About this exercise = Only lines that contain the string "still" should be returned from the material below.

Data for review =
+ + + +
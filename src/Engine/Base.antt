-- ===== src/Engine/Base.antt =====
-- crates/relos-engine/src/base_engine.rs: the apply loop. A request is handled whole before the
-- next one is received, so the loop is a function over the list of requests.
mod LittleEndian
pub mod Invariants
pub mod Cursor
pub mod Recovery
pub mod Playback
pub mod Failure
pub mod Replication
pub mod OnVirtualLog
pub mod Front
unfoldable pub use LittleEndian.{to_le_bytes, from_le_bytes}
pub use LittleEndian.{from_le_bytes-to_le_bytes, length-to_le_bytes}
use relos.Prelude.{
  ℕ, zero, suc, ◌≡◌, Bool, true, false, Option, none, some, List, [], ◌∷◌, ◌++◌, length, leb, ltb,
  ◌==◌, if◌then◌else◌,
}
use relos.Prelude.Words.{add64}
use relos.Prelude.Bytes.{Bytes, text}
use relos.Core.{
  LogPos, log_pos_begin, Entry, RelosError, Result, ok, err, panic, internal, store, and_then,
  ok_or, Exec, pure, continue,
}
use relos.Log.Decimal.{decimal}
use relos.Log.Loglet.{Loglet}
use relos.Store.Memory
use relos.Store.Memory.{
  MemoryStore, MemoryWriteTx, begin_read_txn, begin_write_txn, read_get, put, commit,
}
use relos.Engine.Interface.{ReturnValue, success, Engine, Applicator}

-- `CURSOR_KEY`
unfoldable pub cursor_key : Bytes
cursor_key = text "__cursor__"

pub record BaseEngine (L A : Type 0) : Type 0 where
  pub loglet : L
  pub local_store : MemoryStore
  pub app : A
  pub cursor : LogPos

pub invalid_cursor : RelosError
invalid_cursor = store (text "invalid cursor bytes")

pub expected_entry : LogPos → RelosError
expected_entry pos =
    internal (text "expected entry at position " ++ decimal pos ++ text " but got None")

-- The `match` on the persisted cursor in `BaseEngine::new`
unfoldable pub cursor_from : Option Bytes → Result LogPos
cursor_from none = ok log_pos_begin
cursor_from (some bytes) =
    if length bytes == 8 then ok (from_le_bytes bytes) else err invalid_cursor

module _ {L A : Type 0} (log : Loglet L) (applicator : Applicator A) where
  -- `BaseEngine::new`
  unfoldable pub new : L → MemoryStore → A → Result (BaseEngine L A)
  unfolding cursor_from
  new loglet local_store app = and_then (begin_read_txn local_store) λ txn.
      and_then (read_get cursor_key txn) λ bytes. and_then (cursor_from bytes) λ cursor.
        ok (record { loglet = loglet; local_store = local_store; app = app; cursor = cursor })

  -- The end of `apply_one`: persist the next cursor in the same transaction, and commit it
  unfoldable pub finish : LogPos → ReturnValue → MemoryWriteTx → Exec (BaseEngine L A) ReturnValue
  finish pos rv txn s =
      let (r, txn') = put cursor_key (to_le_bytes 8 (add64 pos 1)) txn in
      continue r
        (λ _ s₁.
          let (r', st) = commit txn' s₁.local_store in
          continue r' (λ _. pure rv) (record s₁ { local_store = st }))
        s

  -- The call of the applicator: if it fails, the transaction is dropped
  unfoldable pub apply_in : LogPos → Entry → MemoryWriteTx → Exec (BaseEngine L A) ReturnValue
  apply_in pos entry txn s =
      let (r, st) = applicator.apply entry pos (txn, s.app) in
      continue r (λ rv s₁. finish pos rv st.0 s₁) (record s { app = st.1 })

  unfoldable pub apply_one : LogPos → Exec (BaseEngine L A) ReturnValue
  apply_one pos s =
      continue (and_then (log.read pos s.loglet) λ found. ok_or found (expected_entry pos))
        (λ entry s₁.
          continue (begin_write_txn s₁.local_store) (λ txn s₂. apply_in pos entry txn s₂) s₁)
        s

  -- Each loop has fuel; `none` means that it is still going round.
  abbrev pub Run : Type 0 → Type 0
  Run R = Option (Result R × BaseEngine L A)

  abbrev pub advance : BaseEngine L A → BaseEngine L A
  advance s = record s { cursor = add64 s.cursor 1 }

  abbrev pub loop_on :
      {R : Type 0}
      → Result ReturnValue
      → BaseEngine L A
      → (ReturnValue → BaseEngine L A → Run R)
      → Run R
  loop_on (ok rv) s next = next rv (advance s)
  loop_on (err e) s next = some (err e, s)
  loop_on (panic m) s next = some (panic m, s)

  -- `while *cursor <= target_pos`
  unfoldable pub propose_loop : ℕ → LogPos → ReturnValue → BaseEngine L A → Run ReturnValue
  propose_loop zero target rv s = none
  propose_loop (suc fuel) target rv s =
      let round =
        let (r, s') = apply_one s.cursor s in
        loop_on r s'
          (λ rv' s''. propose_loop fuel target (if s.cursor == target then rv' else rv) s'') in
      if leb s.cursor target then round else some (ok rv, s)

  -- `while *cursor < tail`
  unfoldable pub sync_loop : ℕ → LogPos → BaseEngine L A → Run LogPos
  sync_loop zero tail s = none
  sync_loop (suc fuel) tail s =
      let round =
        let (r, s') = apply_one s.cursor s in loop_on r s' (λ _ s''. sync_loop fuel tail s'') in
      if ltb s.cursor tail then round else some (ok tail, s)

  abbrev pub when_ok :
      {R T : Type 0} → Result T → BaseEngine L A → (T → BaseEngine L A → Run R) → Run R
  when_ok (ok t) s next = next t s
  when_ok (err e) s next = some (err e, s)
  when_ok (panic m) s next = some (panic m, s)

  unfoldable pub handle_propose : ℕ → Entry → BaseEngine L A → Run ReturnValue
  handle_propose fuel entry s =
      let (r, l) = log.append entry s.loglet in
      when_ok r (record s { loglet = l }) (λ target s₁. propose_loop fuel target success s₁)

  unfoldable pub handle_sync : ℕ → BaseEngine L A → Run LogPos
  handle_sync fuel s = when_ok (log.check_tail s.loglet) s (λ tail s₁. sync_loop fuel tail s₁)

-- A call whose loop returns within its fuel
abbrev pub within : {S R : Type 0} → (S → Option (Result R × S)) → Exec S R
within f s = elim (f s) [ none ↦ (panic (text "still going round"), s) | some x ↦ x ]

-- The engine for those above it, with the fuel of its loops
abbrev pub base_engine : {L A : Type 0} → Loglet L → Applicator A → ℕ → Engine (BaseEngine L A)
base_engine log applicator fuel = record {
  propose = λ entry. within (handle_propose log applicator fuel entry);
  sync = within (handle_sync log applicator fuel);
}

-- `ApplyRequest`, without the channel for the reply
pub data ApplyRequest : Type 0 where
  propose : Entry → ApplyRequest
  sync : ApplyRequest

pub data Reply : Type 0 where
  proposed : Result ReturnValue → Reply
  synced : Result LogPos → Reply

module _ {L A : Type 0} (log : Loglet L) (applicator : Applicator A) where
  -- `result_tx.send(result)`
  abbrev pub replied :
      {R : Type 0} → (Result R → Reply) → Run log applicator R → Option (Reply × BaseEngine L A)
  replied f none = none
  replied f (some (r, s)) = some (f r, s)

  -- One turn of `apply_loop`
  unfoldable pub handle : ℕ → ApplyRequest → BaseEngine L A → Option (Reply × BaseEngine L A)
  handle fuel (propose entry) s = replied proposed (handle_propose log applicator fuel entry s)
  handle fuel sync s = replied synced (handle_sync log applicator fuel s)

  abbrev pub received :
      (BaseEngine L A → Option (BaseEngine L A))
      → Option (Reply × BaseEngine L A)
      → Option (BaseEngine L A)
  received rest none = none
  received rest (some (r, s)) = rest s

  -- The engine after some requests, if each of them was answered
  unfoldable pub apply_loop : ℕ → List ApplyRequest → BaseEngine L A → Option (BaseEngine L A)
  apply_loop fuel [] s = some s
  apply_loop fuel (q ∷ qs) s = received (λ s'. apply_loop fuel qs s') (handle fuel q s)
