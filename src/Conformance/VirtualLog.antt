-- ===== src/Conformance/VirtualLog.antt =====
-- The tests of crates/relos-log/src/virtual_log.rs.
use relos.Prelude.{Option, ◌≡◌, refl, ◌==◌, length}
use relos.Prelude.Words.{add64, sub64}
use relos.Prelude.Dict.{lookup, insert}
use relos.Prelude.Bytes.{Text, text, bytes_eq}
use relos.Core
use relos.Core.{Entry, LogPos, Result, ok, Exec, ◌>>=◌, ◌>>◌}
use relos.Log.Decimal.{decimal}
use relos.Log.Chain
use relos.Log.Chain.{active_segment, find_segment, find_in, extend, seal_last}
use relos.Log.MetaStore
use relos.Log.MemoryLoglet
use relos.Log.MemoryLoglet.{MemoryLoglet, memory_loglet, clear}
use relos.Log.VirtualLog
use relos.Log.VirtualLog.{
  VirtualLog, get_active_loglet, on_loglet, virtual_loglet, append_round, after_append, reconfigure,
  install, adopt, trim_segment, trim_segments, local_to_global, global_to_local, loglet_name,
  generate_loglet_id, create_all,
}
use relos.Conformance.{
  run_on, unwrap, observe, look, assert_that, is_none, has_payload, is_trimmed_at,
}

abbrev pub create : Text → Result MemoryLoglet
create loglet_id = ok MemoryLoglet.new

abbrev pub make_virtual_log : Result (VirtualLog MemoryLoglet)
make_virtual_log = VirtualLog.new memory_loglet create (MetaStore.new (Chain.new (text "loglet-0")))

abbrev append : Entry → Exec (VirtualLog MemoryLoglet) LogPos
append = (virtual_loglet memory_loglet create).append

abbrev check_tail : VirtualLog MemoryLoglet → Result LogPos
check_tail = VirtualLog.check_tail memory_loglet create

abbrev read : LogPos → VirtualLog MemoryLoglet → Result (Option Entry)
read = VirtualLog.read memory_loglet create

abbrev trim : LogPos → Exec (VirtualLog MemoryLoglet) (Unit {0})
trim = VirtualLog.trim memory_loglet create

-- `let (loglet, _) = vlog.get_active_loglet().await.unwrap(); loglet.seal().await.unwrap()`
abbrev seal_active : Exec (VirtualLog MemoryLoglet) LogPos
seal_active = do
  active ← look (get_active_loglet memory_loglet create)
  unwrap (on_loglet memory_loglet create active.0 MemoryLoglet.seal active.1)

abbrev pub test_append_and_read : Result (Unit {0})
test_append_and_read = run_on (make_virtual_log) do
  pos1 ← unwrap (append (Core.new (text "hello")))
  pos2 ← unwrap (append (Core.new (text "world")))
  assert_that (pos1 == 1)
  assert_that (pos2 == 2)
  e1 ← look (read pos1)
  assert_that (has_payload (text "hello") e1)
  e2 ← look (read pos2)
  assert_that (has_payload (text "world") e2)

abbrev pub test_check_tail : Result (Unit {0})
test_check_tail = run_on (make_virtual_log) do
  tail1 ← look check_tail
  assert_that (tail1 == 1)
  unwrap (append (Core.new (text "a")))
  tail2 ← look check_tail
  assert_that (tail2 == 2)

abbrev pub test_read_beyond_tail : Result (Unit {0})
test_read_beyond_tail =
    run_on (make_virtual_log) do result ← look (read 1); assert_that (is_none result)

abbrev pub test_trim : Result (Unit {0})
test_trim = run_on (make_virtual_log) do
  unwrap (append (Core.new (text "a")))
  unwrap (append (Core.new (text "b")))
  unwrap (append (Core.new (text "c")))
  unwrap (trim 3)
  r1 ← observe (read 1)
  assert_that (is_trimmed_at 1 r1)
  r2 ← observe (read 2)
  assert_that (is_trimmed_at 2 r2)
  e3 ← look (read 3)
  assert_that (has_payload (text "c") e3)

abbrev pub test_reconfigure_on_seal : Result (Unit {0})
test_reconfigure_on_seal = run_on (make_virtual_log) do
  unwrap (append (Core.new (text "a")))
  unwrap (append (Core.new (text "b")))
  seal_active
  pos ← unwrap (append (Core.new (text "c")))
  assert_that (pos == 3)
  e1 ← look (read 1)
  assert_that (has_payload (text "a") e1)
  e2 ← look (read 2)
  assert_that (has_payload (text "b") e2)
  e3 ← look (read 3)
  assert_that (has_payload (text "c") e3)
  stored ← look (λ v. MetaStore.read v.meta_store)
  assert_that (stored.1 == 1)
  assert_that (length stored.0.segments == 2)

abbrev pub test_position_mapping_across_segments : Result (Unit {0})
test_position_mapping_across_segments = run_on (make_virtual_log) do
  pos0 ← unwrap (append (Core.new (text "entry-0")))
  assert_that (pos0 == 1)
  pos1 ← unwrap (append (Core.new (text "entry-1")))
  assert_that (pos1 == 2)
  pos2 ← unwrap (append (Core.new (text "entry-2")))
  assert_that (pos2 == 3)
  seal_active
  pos ← unwrap (append (Core.new (text "entry-3")))
  assert_that (pos == 4)
  tail5 ← look check_tail
  assert_that (tail5 == 5)

abbrev pub test_multiple_reconfigurations : Result (Unit {0})
test_multiple_reconfigurations = run_on (make_virtual_log) do
  unwrap (append (Core.new (text "a")))
  unwrap (append (Core.new (text "b")))
  seal_active
  unwrap (append (Core.new (text "c")))
  unwrap (append (Core.new (text "d")))
  seal_active
  pos ← unwrap (append (Core.new (text "e")))
  assert_that (pos == 5)
  e1 ← look (read 1)
  assert_that (has_payload (text "a") e1)
  e2 ← look (read 2)
  assert_that (has_payload (text "b") e2)
  e3 ← look (read 3)
  assert_that (has_payload (text "c") e3)
  e4 ← look (read 4)
  assert_that (has_payload (text "d") e4)
  e5 ← look (read 5)
  assert_that (has_payload (text "e") e5)
  stored ← look (λ v. MetaStore.read v.meta_store)
  assert_that (stored.1 == 2)
  assert_that (length stored.0.segments == 3)

tests_pass :
    (test_append_and_read ≡ ok tt)
    × (test_check_tail ≡ ok tt)
    × (test_read_beyond_tail ≡ ok tt)
    × (test_trim ≡ ok tt)
    × (test_reconfigure_on_seal ≡ ok tt)
    × (test_position_mapping_across_segments ≡ ok tt)
    × (test_multiple_reconfigurations ≡ ok tt)
unfolding VirtualLog.new create_all VirtualLog.append VirtualLog.check_tail VirtualLog.read
    VirtualLog.trim get_active_loglet on_loglet append_round after_append reconfigure install adopt
    trim_segment trim_segments local_to_global global_to_local loglet_name generate_loglet_id
    decimal active_segment find_segment find_in extend seal_last Chain.new MetaStore.new
    MetaStore.read MetaStore.write MemoryLoglet.append MemoryLoglet.check_tail MemoryLoglet.read
    MemoryLoglet.trim MemoryLoglet.seal clear lookup insert add64 sub64 text bytes_eq
tests_pass = (refl, refl, refl, refl, refl, refl, refl)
+ + + +
Exercise output =
  -- Each loop has fuel; `none` means that it is still going round.
within f s = elim (f s) [ none ↦ (panic (text "still going round"), s) | some x ↦ x ]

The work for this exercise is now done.